Algorithmic foundations of neural architecture search

Neural architecture search (NAS)—the problem of selecting which neural model to use for your learning problem—is a promising direction for automating and democratizing machine learning. Early NAS methods achieved impressive results on canonical image classification and language modeling problems, yet these methods were algorithmically complex and massively expensive computationally. More recent heuristics relying on weight-sharing and gradient-based optimization are drastically more computationally efficient while also achieving state-of-the-art performance. However, these heuristics are also complex, are poorly understood, and have recently come under scrutiny because of inconsistent results on new benchmarks and poor performance as a surrogate for fully trained models.

In this talk, we introduce the NAS problem and then present our work studying recent NAS heuristics from first principles. We first perform an extensive ablation study to identify the necessary components of leading NAS methods. We next introduce our geometry-aware framework called GAEA, which exploits the underlying structure of the weight-sharing NAS optimization problem to quickly find high-performance architectures. This leads to simple yet novel algorithms that enjoy faster convergence guarantees than existing gradient-based methods and achieve state-of-the-art accuracy on a wide range of leading NAS benchmarks.

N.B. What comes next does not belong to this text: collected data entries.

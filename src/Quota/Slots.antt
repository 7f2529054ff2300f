-- ===== src/Quota/Slots.antt =====
-- lib/file/global_connections.go: the count of all forwarding connections, and its limit.
use nps.Prelude.{ℕ, ◌+◌, ◌-◌, Option, none, some, Bool, true, false, ◌&&◌, ltb, leb, if◌then◌else◌}

pub record Global : Type 0 where
  pub max_conn : ℕ
  pub now_conn : ℕ

-- A limit, or the one that a concurrent setting has stored.
unfoldable pub stored : Option ℕ → ℕ → ℕ
stored none limit = limit
stored (some n) limit = n

-- SetGlobalMaxConn
unfoldable pub set_global_max_conn : Global → ℕ → Global
set_global_max_conn g limit = record g { max_conn = limit }

-- acquireGlobalConn; `lowered` is stored after the reservation and before the second check.
unfoldable pub acquire_global : Global → Option ℕ → Bool × Global
unfolding stored
acquire_global g lowered =
    let updated = stored lowered g.max_conn in
    if ltb 0 g.max_conn && leb g.max_conn g.now_conn
    then (false, g)
    else if ltb 0 g.max_conn && (ltb 0 updated && ltb updated (g.now_conn + 1))
    then (false, record { max_conn = updated; now_conn = g.now_conn + 1 - 1 })
    else (true, record { max_conn = updated; now_conn = g.now_conn + 1 })

-- releaseGlobalConn
unfoldable pub release_global : Global → Global
release_global g = if ltb 0 g.now_conn then record g { now_conn = g.now_conn - 1 } else g
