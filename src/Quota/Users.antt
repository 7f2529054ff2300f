-- ===== src/Quota/Users.antt =====
-- lib/file/user_runtime.go: the slots that all clients of one dashboard user share. The registry's
-- map is a function of the user id. The token buckets are kept by their limits alone.
use nps.Prelude.{
  ℕ, zero, suc, ◌+◌, ◌-◌, ◌*◌, ◌/◌, ◌^◌, Option, none, some, Bool, true, false, ◌&&◌, ltb, leb,
  ◌==◌, if◌then◌else◌,
}
use nps.Quota.Slots.{stored}

pub record User : Type 0 where
  pub max_conn : ℕ
  pub now_conn : ℕ
  -- the limits of the rate, up and down
  pub rate : ℕ × ℕ

abbrev pub Registry : Type 0
Registry = ℕ → Option User

unfoldable pub put : Registry → ℕ → Option User → Registry
put users id u other = if other == id then u else users other

-- The state that userRuntimeFor creates for a user that has none.
unfoldable pub or_new : Option User → User
or_new none = record { max_conn = 0; now_conn = 0; rate = (0, 0) }
or_new (some u) = u

-- limitBytes of rate_limits.go
unfoldable pub limit_bytes : ℕ → ℕ
limit_bytes k = if ltb ((2 ^ 63 - 1) / 1024) k then 2 ^ 63 - 1 else k * 1024

-- SetUserRuntimeLimits
unfoldable pub set_user_limits : Registry → ℕ → ℕ → ℕ → ℕ → Registry
unfolding put or_new limit_bytes
set_user_limits users zero max upload download = users
set_user_limits users (suc id) max upload download = put users (suc id) (
    some (record (or_new (users (suc id))) {
      max_conn = max;
      rate = (limit_bytes upload, limit_bytes download);
    }))

-- CleanupUserRuntime
unfoldable pub cleanup_user : Registry → ℕ → Registry
unfolding put
cleanup_user users zero = users
cleanup_user users (suc id) = put users (suc id) none

-- The answers of acquireUserConnection: (0, false, false), (0, false, true) and (id, true, true).
pub data Admission : Type 0 where
  refused unaccounted : Admission
  accounted : ℕ → Admission

-- The reservation on the state of one user; `lowered` is stored before the second check.
unfoldable pub reserve : User → Option ℕ → Bool × User
unfolding stored
reserve u lowered =
    let updated = stored lowered u.max_conn in
    if ltb 0 u.max_conn && leb u.max_conn u.now_conn
    then (false, u)
    else if ltb 0 updated && ltb updated (u.now_conn + 1)
    then (false, record u { max_conn = updated; now_conn = u.now_conn + 1 - 1 })
    else (true, record u { max_conn = updated; now_conn = u.now_conn + 1 })

-- acquireUserConnection
unfoldable pub acquire_user : Registry → ℕ → Option ℕ → Admission × Registry
unfolding put or_new reserve
acquire_user users zero lowered = (unaccounted, users)
acquire_user users (suc id) lowered =
    let (taken, u) = reserve (or_new (users (suc id))) lowered in
    (if taken then accounted (suc id) else refused, put users (suc id) (some u))

unfoldable pub release_state : Option User → Option User
release_state none = none
release_state (some u) =
    some (if ltb 0 u.now_conn then record u { now_conn = u.now_conn - 1 } else u)

-- releaseUserConnection
unfoldable pub release_user : Registry → ℕ → Registry
unfolding put release_state
release_user users zero = users
release_user users (suc id) = put users (suc id) (release_state (users (suc id)))

-- The connections of userConnections.
unfoldable pub connections_of : Option User → ℕ
connections_of none = 0
connections_of (some u) = u.now_conn

unfoldable pub user_connections : Registry → ℕ → ℕ
unfolding connections_of
user_connections users zero = 0
user_connections users (suc id) = connections_of (users (suc id))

Together, our theory and experiments demonstrate a principled way to co-design optimizers and continuous parameterizations of discrete NAS search spaces.

Speaker Bios

Ameet Talwalkar (opens in new tab) is an assistant professor in the machine learning department at Carnegie Mellon University and is also co-founder and chief scientist at Determined AI. His interests are in the field of statistical machine learning. His current work is motivated by the goal of democratizing machine learning and focuses on topics related to scalability, automation, fairness, and interpretability of learning algorithms and systems.